FIG. 5 is a perspective view showing a main body side drive transmission portion which is a drive force transmission device fixed in the printer housing.
FIG. 6 is a plan view showing the main body side drive transmission unit from above.
A first side plate as a support member constituting the main body frame is provided in the printer housing, and four process drive motors 120Y, 120C, 120M, and 120K are fixed to the first side plate. The drive gears 121Y, 121C, 121M, and 121K are connected to the rotation shafts of the process drive motors 120Y, 120C, 120M, and 120K as drive sources so as to rotate on the same axis as the rotation shafts. The process drive motors 120Y, 120C, 120M, and 120K include a DC servo motor that is a kind of DC brushless motor, a stepping motor, and the like.

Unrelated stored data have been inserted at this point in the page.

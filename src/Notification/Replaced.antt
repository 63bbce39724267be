-- ===== src/Notification/Replaced.antt =====
-- A second viewer that asks for the stream before the broadcaster does: it takes the first viewer's
-- place, and the first one is not served any more.
use p2p_livestreaming.Prelude.{
  ℕ, ◌≡◌, ◌≢◌, ◌<◌, refl, sym, ap, ◌∙◌, some, List, [], ◌∷◌, ◌++◌, arith, All, Bytes,
}
use mathlib.Core.Path.{subst}
use p2p_livestreaming.OpenFlow.{TcpFrame, Event}
use p2p_livestreaming.Bypass.{Switch, Roles, raised, type_error, new, learn_source, normal_send}
use p2p_livestreaming.Bypass.Dispatch.{handle_packet_in, run}
use p2p_livestreaming.Bypass.Invariant.{Inv}
use p2p_livestreaming.Bypass.Stage.{SameStage}
use p2p_livestreaming.Bypass.Signal.{asks_play, starts_play, asks_publish, starts_publish}
use p2p_livestreaming.Bypass.Steps.{
  IsRequest, IsAnswer, viewer_asked, broadcaster_asked, viewer_served, broadcaster_served, behind,
  play_req-step,
}
use p2p_livestreaming.Bypass.Phase.{on, off, phase, viewer_phase, IsCalm-fields}
use p2p_livestreaming.Bypass.Quiet.{IsQuiet}
use p2p_livestreaming.Bypass.Session.{broadcaster_phase, IsPaired, IsPaired-later}
use p2p_livestreaming.Notification.EndToEnd.{push_to_other}
use p2p_livestreaming.Notification.Peers.{IsNotice, IsServiceBeat-notice, handle_packet_in-notify}

-- A session as in Bypass/Session, of the viewer `v`, in which the host `w` asks for the stream once the
-- service has answered `v`.
pub record IsReplaced (v w b h : ℕ) (es : List Event) : Type 0 where
  pub play : TcpFrame
  pub play_reply : TcpFrame
  pub again : TcpFrame
  pub publish : TcpFrame
  pub publish_reply : TcpFrame
  pub play_in : Event
  pub play_reply_in : Event
  pub again_in : Event
  pub publish_in : Event
  pub publish_reply_in : Event
  pub before_again : List Event
  pub asked_play : IsRequest asks_play play play_in
  pub started_play : IsAnswer starts_play play_reply play_reply_in
  pub asked_again : IsRequest asks_play again again_in
  pub asked_publish : IsRequest asks_publish publish publish_in
  pub started_publish : IsAnswer starts_publish publish_reply publish_reply_in
  pub real_port : 0 < play_reply_in.port
  pub same_port : publish_reply_in.port ≡ play_reply_in.port
  pub same_src : publish_reply_in.src ≡ play_reply_in.src
  pub viewer_is : play.srcip ≡ v
  pub second_is : again.srcip ≡ w
  pub broadcaster_is : publish.srcip ≡ b
  pub service_is : (play_reply.srcip ≡ h) × (publish_reply.srcip ≡ h)
  pub quiet : All IsQuiet before_again
  pub events_are :
      es
      ≡ play_in
        ∷ (play_reply_in ∷ (before_again ++ again_in ∷ (publish_in ∷ (publish_reply_in ∷ []))))

module _ (show_ip : ℕ → Bytes) (v w b h : ℕ) (es : List Event) (d : IsReplaced v w b h es) where
  abbrev first_served : Switch
  first_served =
      behind d.play_reply_in (viewer_served d.play_reply d.play_reply_in)
        (behind d.play_in (viewer_asked d.play d.play_in) new)

  abbrev second_asked : Switch
  second_asked = behind d.again_in (viewer_asked d.again d.again_in) first_served

  run-replaced :
      (t : Switch) × Inv t
      × SameStage
          (behind d.publish_reply_in broadcaster_served
            (behind d.publish_in (broadcaster_asked d.publish d.publish_in) second_asked))
          t
      × (run show_ip es new ≡ t)
  unfolding normal_send
  run-replaced =
      let (s₁, i₁, h₁, x₁) =
        viewer_phase show_ip d.play d.play_reply d.play_in d.play_reply_in [] []
          (d.before_again ++ d.again_in ∷ (d.publish_in ∷ (d.publish_reply_in ∷ []))) d.asked_play
          d.started_play tt tt in
      let (s₂, i₂, h₂, x₂) =
        phase show_ip d.before_again (d.publish_in ∷ (d.publish_reply_in ∷ [])) d.again_in
          (viewer_asked d.again d.again_in) first_served s₁ i₁ h₁
          (IsCalm-fields first_served refl refl refl) d.quiet (λ s. (refl, refl, refl))
          (λ t i h.
            play_req-step show_ip d.again d.again_in t i h.2 (ap on h.1) (ap off h.1)
              d.asked_again) in
      let (t, i, k, y) =
        broadcaster_phase show_ip d.publish d.publish_reply d.publish_in d.publish_reply_in [] []
          second_asked s₂ i₂ h₂
          (record {
            calm = IsCalm-fields second_asked refl refl refl;
            watching = (refl, refl);
            service = (
              ap some (sym d.same_port),
              ap some (sym d.same_src),
              ap some (d.service_is.0 ∙ sym d.service_is.1),
            );
            viewer_ready = (refl, refl);
          })
          d.asked_publish d.started_publish (omega (arith, d.real_port, d.same_port)) tt tt in
      (t, i, k, ap (λ es. run show_ip es new) d.events_are ∙ x₁ ∙ x₂ ∙ y)

  replaced-IsPaired : IsPaired w b h (run show_ip es new)
  unfolding normal_send
  replaced-IsPaired =
      let (t, i, k, x) = run-replaced in
      subst (IsPaired w b h) (sym x) (record {
        valid = i;
        enabled = ap on k.1;
        viewer = ap (λ (r : Roles). r.v_nw_addr) k.0 ∙ ap some d.second_is;
        broadcaster = ap (λ (r : Roles). r.b_nw_addr) k.0 ∙ ap some d.broadcaster_is;
        service = ap (λ (r : Roles). r.s_nw_addr) k.0 ∙ ap some d.service_is.0;
      })

-- If another host asks for the stream after the first viewer was served and before the broadcaster
-- asks to publish, the P2P stage is entered with this host as the viewer, although the service
-- never answered it. A frame of the service from its notification port, to another port, to the
-- first viewer then raises a TypeError and is not sent on, if the first viewer's address is neither
-- the second's nor the broadcaster's. The packets of a new controller are, in this order: the first
-- viewer's play request, directly behind it its answer, any quiet packets, the second host's play
-- request, directly behind it the publish request and its answer, and then any packets. Each of the
-- five named frames has a payload that is not of 12, 88 or 89 bytes and is one RTMP packet with the
-- keyword of its kind and no other; the requests go to the RTMP port and the answers come from it,
-- between different ports; both answers are from one host, on one switch port other than 0; a
-- packet is quiet if it is not TCP, or neither of its ports is that of RTMP, or its payload is
-- empty or of 88 or 89 bytes, or of other than 12 bytes and does not parse or has no RTMP packet
-- with a keyword.
pub session-second_viewer :
    (show_ip : ℕ → Bytes) (v w b h : ℕ) (es later : List Event) (f : TcpFrame) (e : Event)
    → IsReplaced v w b h es
    → v ≢ w
    → v ≢ b
    → IsNotice h v f e
    → let s = run show_ip (es ++ later) new in
      IsPaired w b h s × (handle_packet_in show_ip e s ≡ raised type_error (learn_source e s))
session-second_viewer show_ip v w b h es later f e d other third n =
    let s = run show_ip (es ++ later) new in
    let paired = IsPaired-later show_ip w b h es later (replaced-IsPaired show_ip v w b h es d) in
    (
      paired,
      handle_packet_in-notify show_ip h v f e s n paired.enabled
          ∙ push_to_other show_ip f e s (IsServiceBeat-notice show_ip w b h v f e s paired n)
              (ground (arith, paired.viewer, n.to_host))
              (ground (arith, paired.broadcaster, n.to_host)),
    )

  Below the rotary shafts of the process drive motors 120Y, 120C, 120M, and 120K, developing gears 122Y, 122C, 122M, which can slide and rotate while engaging with a fixed shaft (not shown) protruding from the first side plate. 122K is disposed. The developing gears 122Y, 122C, 122M, and 122K include first gear portions 123Y, 123C, 123M, and 123K and second gear portions 124Y, 124C, 124M, and 124K that rotate on the same rotation axis. The second gear portions 124Y, 124C, 124M, and 124K are positioned closer to the distal end side of the rotation shafts of the process drive motors 120Y, 120C, 120M, and 120K than the first gear portions 123Y, 123C, 123M, and 123K. The development gears 122Y, 122M, 122C, and 122K process the first gear portions 123Y, 123M, 123C, and 123K with the driving gears 121Y, 121C, 121M, and 121K of the process drive motors 120Y, 120C, 120M, and 120K. The drive motors 120Y, 120C, 120M, and 120K rotate by sliding on the fixed shaft.

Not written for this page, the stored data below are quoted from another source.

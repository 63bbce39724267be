-- ===== src/Prototype.antt =====
-- prototype/hosts/common.py, and the sockets of the prototype: the constants of the frame protocol and
-- the routine `_recv_frame` that prototype/hosts/cdn-server.py and prototype/hosts/viewer.py share. A
-- connected socket is the bytes that the sender still has in flight; the network decides at each
-- `recv` how many of them it hands over. `struct.pack('!d')` is a parameter where it is used.
pub mod Sockets
pub mod Stream
pub mod Broadcaster
pub mod Viewer
pub mod CdnServer
pub mod Wire
pub mod EndToEnd
pub mod Serve
pub mod Relay
pub mod Overrun
pub mod HeaderCut
pub mod Video
use Prim.Native.Nat.{min}
use p2p_livestreaming.Prelude.{
  ℕ, zero, suc, ◌+◌, ◌-◌, ◌*◌, Bool, true, false, Option, none, some, List, [], ◌∷◌, ◌++◌, ltb,
  ◌==◌, if◌then◌else◌, length, take, drop, Bytes, bytes_eq,
}

abbrev pub frame_size : ℕ
frame_size = 144 * 120

-- The control messages.
abbrev pub frame_beg : Bytes
frame_beg = 1 ∷ []

abbrev pub frame_end : Bytes
frame_end = 2 ∷ []

abbrev pub bcast_beg : Bytes
bcast_beg = 3 ∷ []

abbrev pub bcast_end : Bytes
bcast_end = 4 ∷ []

abbrev pub ctrl_msg_len : ℕ
ctrl_msg_len = 1

abbrev pub timestamp_len : ℕ
timestamp_len = 8

abbrev pub frame_rate : ℕ
frame_rate = 10

-- `struct.pack('!d', time.time())` and `struct.unpack('!d', stamp)[0]`, from what `struct` does and
-- the time of the call.
abbrev pub get_timestamp : {Time : Type 0} → (pack_time : Time → Bytes) → (now : Time) → Bytes
get_timestamp pack_time now = pack_time now

abbrev pub parse_timestamp :
    {Time : Type 0} → (unpack_time : Bytes → Option Time) → (stamp : Bytes) → Option Time
parse_timestamp unpack_time stamp = unpack_time stamp

-- One less than what the network hands over at the next calls of `recv`, and behind these all that
-- is asked for.
pub record Sock : Type 0 where
  pub sizes : List ℕ
  pub stream : Bytes

abbrev pub rest_sizes : List ℕ → List ℕ
rest_sizes [] = []
rest_sizes (_ ∷ ks) = ks

abbrev pub granted : ℕ → List ℕ → ℕ
granted n [] = n
granted n (k ∷ _) = min n (suc k)

-- `sock.recv(n)`: at most `n` bytes, none only where the stream is at its end.
unfoldable pub recv : ℕ → Sock → Bytes × Sock
recv n s = (
  take (granted n s.sizes) s.stream,
  record { sizes = rest_sizes s.sizes; stream = drop (granted n s.sizes) s.stream },
)

-- The loop until a control message that starts a frame or ends the broadcast.
pub data Awaited : Type 0 where
  begun over : Sock → Awaited
  waiting : Awaited

unfoldable pub await_frame : ℕ → Sock → Awaited
unfolding recv bytes_eq
await_frame zero s = waiting
await_frame (suc fuel) s =
    let (msg, s₁) = recv ctrl_msg_len s in
    let rest = await_frame fuel s₁ in
    if bytes_eq msg frame_beg then begun s₁ else if bytes_eq msg bcast_end then over s₁ else rest

-- The loop that completes a frame.
unfoldable pub fill : ℕ → Bytes → Sock → Option (Bytes × Sock)
unfolding recv
fill zero frame s = if ltb (length frame) frame_size then none else some (frame, s)
fill (suc fuel) frame s =
    let (more, s₁) = recv (frame_size - length frame) s in
    let rest = fill fuel (frame ++ more) s₁ in
    if ltb (length frame) frame_size then rest else some (frame, s)

-- `_recv_frame` up to the processing of the header: `got` has header and content, `spinning` is a
-- loop that did not end within its fuel.
pub data Received : Type 0 where
  got : (header frame : Bytes) → Sock → Received
  ended : Sock → Received
  assertion_error : Received
  spinning : Received

abbrev pub checked : Bytes → Option (Bytes × Sock) → Received
checked header none = spinning
checked header (some (frame, s)) =
    if length frame == frame_size then got header frame s else assertion_error

unfoldable pub recv_content : ℕ → Sock → Received
unfolding recv fill
recv_content fuel s =
    let (header, s₁) = recv timestamp_len s in
    let (frame, s₂) = recv frame_size s₁ in checked header (fill fuel frame s₂)

unfoldable pub recv_frame : ℕ → Sock → Received
unfolding await_frame recv_content
recv_frame fuel s = elim (await_frame fuel s) [
  | waiting ↦ spinning
  | over s₁ ↦ ended s₁
  | begun s₁ ↦ recv_content fuel s₁
]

Above the rotation shafts of the process drive motors 120Y, 120C, 120M, and 120K, photoconductor gears 133Y, 133C, 133M, and 133K as drive force transmission members (not shown) are disposed. The reduction ratio between the driving gears 121Y, 121C, 121M, and 121K and the photoconductor gears 133Y, 133C, 133M, and 133K is, for example, 1:20. The reason why the number of reduction stages from the driving gear to the photosensitive gear is set to one is to reduce the number of parts and reduce the cost, and to reduce the cause of meshing errors and transmission errors due to eccentricity by using two gears. It is from the aim to do. By reducing the speed by one step, the photosensitive member gear has a larger diameter than the photosensitive member at a relatively large reduction ratio of 1:20. By using such a large-diameter photoconductor gear, the pitch error on the photoconductor surface corresponding to the meshing is reduced, and the effect of print density unevenness (banding) in the sub-scanning direction is reduced. . The reduction ratio is determined based on the speed region where high efficiency and high rotation accuracy can be obtained from the relationship between the target speed of the photoreceptor and the motor characteristics.
The detailed configuration of the photoconductor gears 133Y, 133C, 133M, and 133K will be described later.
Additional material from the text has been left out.